Dataset entries:
##############################
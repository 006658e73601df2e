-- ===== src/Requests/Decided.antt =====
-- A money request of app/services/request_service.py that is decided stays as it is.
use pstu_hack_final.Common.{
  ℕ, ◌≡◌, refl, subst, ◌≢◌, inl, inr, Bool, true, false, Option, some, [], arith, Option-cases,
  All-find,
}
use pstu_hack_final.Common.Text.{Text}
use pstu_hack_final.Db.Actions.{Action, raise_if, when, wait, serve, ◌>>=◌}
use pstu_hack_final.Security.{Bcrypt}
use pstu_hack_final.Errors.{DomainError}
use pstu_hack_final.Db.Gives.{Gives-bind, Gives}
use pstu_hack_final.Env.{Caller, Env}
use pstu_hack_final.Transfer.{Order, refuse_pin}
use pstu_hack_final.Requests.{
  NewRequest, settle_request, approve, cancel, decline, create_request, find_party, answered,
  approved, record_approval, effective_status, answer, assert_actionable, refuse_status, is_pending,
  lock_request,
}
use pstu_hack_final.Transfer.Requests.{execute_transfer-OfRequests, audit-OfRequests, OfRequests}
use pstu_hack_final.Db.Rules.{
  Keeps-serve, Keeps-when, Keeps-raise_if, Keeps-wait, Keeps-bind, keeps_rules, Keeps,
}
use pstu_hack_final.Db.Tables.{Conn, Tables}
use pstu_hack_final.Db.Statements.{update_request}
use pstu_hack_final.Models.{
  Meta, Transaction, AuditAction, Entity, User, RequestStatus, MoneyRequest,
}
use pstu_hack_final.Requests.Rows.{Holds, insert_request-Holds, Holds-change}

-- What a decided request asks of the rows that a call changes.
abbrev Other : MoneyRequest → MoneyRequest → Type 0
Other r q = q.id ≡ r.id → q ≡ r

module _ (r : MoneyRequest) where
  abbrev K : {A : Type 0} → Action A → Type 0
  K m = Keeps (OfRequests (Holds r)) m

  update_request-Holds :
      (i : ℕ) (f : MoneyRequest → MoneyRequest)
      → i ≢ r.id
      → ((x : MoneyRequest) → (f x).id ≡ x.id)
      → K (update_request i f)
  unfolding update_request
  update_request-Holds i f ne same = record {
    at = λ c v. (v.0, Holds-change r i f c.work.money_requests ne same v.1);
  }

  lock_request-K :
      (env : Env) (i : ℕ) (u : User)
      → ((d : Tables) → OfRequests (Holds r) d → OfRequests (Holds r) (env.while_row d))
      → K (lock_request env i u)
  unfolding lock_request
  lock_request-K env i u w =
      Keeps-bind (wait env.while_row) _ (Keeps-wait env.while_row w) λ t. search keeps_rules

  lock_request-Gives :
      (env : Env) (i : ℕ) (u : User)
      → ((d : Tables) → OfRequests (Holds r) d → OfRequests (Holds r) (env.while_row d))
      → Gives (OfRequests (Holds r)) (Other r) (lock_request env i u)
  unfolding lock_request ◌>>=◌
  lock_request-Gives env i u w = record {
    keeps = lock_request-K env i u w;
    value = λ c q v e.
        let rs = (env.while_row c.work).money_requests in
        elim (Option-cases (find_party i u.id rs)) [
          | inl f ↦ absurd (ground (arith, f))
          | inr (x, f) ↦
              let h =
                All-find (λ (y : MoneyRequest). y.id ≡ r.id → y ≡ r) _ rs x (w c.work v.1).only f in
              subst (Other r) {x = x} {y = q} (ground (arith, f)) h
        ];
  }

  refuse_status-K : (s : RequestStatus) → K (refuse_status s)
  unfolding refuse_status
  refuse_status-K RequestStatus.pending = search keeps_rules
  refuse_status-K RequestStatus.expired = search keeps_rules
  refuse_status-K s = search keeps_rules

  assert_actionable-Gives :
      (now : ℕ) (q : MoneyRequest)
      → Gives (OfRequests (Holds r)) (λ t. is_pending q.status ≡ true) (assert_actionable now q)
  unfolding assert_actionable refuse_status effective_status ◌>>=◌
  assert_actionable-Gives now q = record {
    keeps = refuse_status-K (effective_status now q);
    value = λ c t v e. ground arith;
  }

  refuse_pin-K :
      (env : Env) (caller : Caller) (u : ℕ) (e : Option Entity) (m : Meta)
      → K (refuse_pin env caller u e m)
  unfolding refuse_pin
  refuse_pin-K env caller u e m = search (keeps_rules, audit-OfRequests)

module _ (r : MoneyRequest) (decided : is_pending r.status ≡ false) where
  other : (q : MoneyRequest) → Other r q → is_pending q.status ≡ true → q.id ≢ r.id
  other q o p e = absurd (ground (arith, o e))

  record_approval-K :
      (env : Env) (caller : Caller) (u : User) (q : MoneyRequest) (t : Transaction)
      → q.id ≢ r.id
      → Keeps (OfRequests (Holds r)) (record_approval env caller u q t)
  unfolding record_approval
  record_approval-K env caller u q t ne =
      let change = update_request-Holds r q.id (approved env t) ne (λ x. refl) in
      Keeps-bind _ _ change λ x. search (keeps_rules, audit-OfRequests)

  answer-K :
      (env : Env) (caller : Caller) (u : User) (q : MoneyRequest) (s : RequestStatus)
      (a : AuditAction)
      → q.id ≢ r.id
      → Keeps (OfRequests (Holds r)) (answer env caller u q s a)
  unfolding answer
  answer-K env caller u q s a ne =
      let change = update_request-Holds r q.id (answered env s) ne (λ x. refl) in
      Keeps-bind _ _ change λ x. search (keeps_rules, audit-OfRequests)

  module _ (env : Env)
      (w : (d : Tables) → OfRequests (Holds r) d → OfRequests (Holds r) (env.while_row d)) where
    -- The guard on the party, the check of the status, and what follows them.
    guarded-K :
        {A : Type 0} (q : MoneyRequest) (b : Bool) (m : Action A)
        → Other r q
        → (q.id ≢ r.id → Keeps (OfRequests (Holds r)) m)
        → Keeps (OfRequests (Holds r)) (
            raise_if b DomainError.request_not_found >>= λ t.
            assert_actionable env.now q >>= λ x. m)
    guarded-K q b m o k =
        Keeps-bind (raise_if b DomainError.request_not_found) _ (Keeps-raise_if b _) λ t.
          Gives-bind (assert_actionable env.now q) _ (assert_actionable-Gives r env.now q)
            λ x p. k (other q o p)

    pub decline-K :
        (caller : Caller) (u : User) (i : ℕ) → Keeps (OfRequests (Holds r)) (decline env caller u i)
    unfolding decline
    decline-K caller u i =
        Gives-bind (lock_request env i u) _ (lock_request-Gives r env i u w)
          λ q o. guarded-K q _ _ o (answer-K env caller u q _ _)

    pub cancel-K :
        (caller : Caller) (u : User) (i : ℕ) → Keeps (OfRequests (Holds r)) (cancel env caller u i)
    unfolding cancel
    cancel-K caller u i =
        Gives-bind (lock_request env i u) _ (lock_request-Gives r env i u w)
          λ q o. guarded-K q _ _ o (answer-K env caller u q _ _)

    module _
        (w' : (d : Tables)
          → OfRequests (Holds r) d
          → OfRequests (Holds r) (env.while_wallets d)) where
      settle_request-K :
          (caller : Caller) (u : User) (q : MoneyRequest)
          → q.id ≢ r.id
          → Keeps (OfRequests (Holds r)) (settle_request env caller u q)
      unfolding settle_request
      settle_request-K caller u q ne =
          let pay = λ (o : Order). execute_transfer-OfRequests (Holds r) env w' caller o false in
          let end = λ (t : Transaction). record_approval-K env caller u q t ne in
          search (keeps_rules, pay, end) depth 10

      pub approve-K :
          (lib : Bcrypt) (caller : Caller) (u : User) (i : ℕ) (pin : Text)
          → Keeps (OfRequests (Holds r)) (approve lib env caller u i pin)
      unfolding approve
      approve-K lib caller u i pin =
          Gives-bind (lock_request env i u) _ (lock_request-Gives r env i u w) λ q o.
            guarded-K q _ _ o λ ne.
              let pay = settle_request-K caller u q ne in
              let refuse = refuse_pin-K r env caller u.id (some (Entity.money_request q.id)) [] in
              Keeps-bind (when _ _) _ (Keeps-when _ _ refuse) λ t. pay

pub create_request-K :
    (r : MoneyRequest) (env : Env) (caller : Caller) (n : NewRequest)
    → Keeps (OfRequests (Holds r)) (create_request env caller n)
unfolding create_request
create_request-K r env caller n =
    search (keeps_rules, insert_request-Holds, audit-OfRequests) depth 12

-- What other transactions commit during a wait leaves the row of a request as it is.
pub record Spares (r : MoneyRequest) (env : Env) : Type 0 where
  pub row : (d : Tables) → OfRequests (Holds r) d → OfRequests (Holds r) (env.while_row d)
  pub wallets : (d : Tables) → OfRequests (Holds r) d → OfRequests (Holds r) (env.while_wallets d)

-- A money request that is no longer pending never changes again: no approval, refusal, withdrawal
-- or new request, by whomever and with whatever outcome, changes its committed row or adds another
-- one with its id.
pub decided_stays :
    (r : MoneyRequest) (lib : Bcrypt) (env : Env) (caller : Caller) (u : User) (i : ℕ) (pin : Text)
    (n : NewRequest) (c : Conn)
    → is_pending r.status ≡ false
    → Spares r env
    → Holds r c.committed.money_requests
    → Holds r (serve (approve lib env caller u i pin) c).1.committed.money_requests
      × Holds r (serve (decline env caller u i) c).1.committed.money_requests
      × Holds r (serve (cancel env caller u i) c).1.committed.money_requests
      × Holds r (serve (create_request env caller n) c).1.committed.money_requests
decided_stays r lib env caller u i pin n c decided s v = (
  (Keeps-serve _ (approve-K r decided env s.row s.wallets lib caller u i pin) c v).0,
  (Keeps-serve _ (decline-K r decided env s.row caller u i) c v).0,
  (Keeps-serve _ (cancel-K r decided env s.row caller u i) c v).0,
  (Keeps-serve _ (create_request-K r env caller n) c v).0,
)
##############################
## Required action
For the records above, give the number of lines that include the string "Type", with nothing added.

## Response
4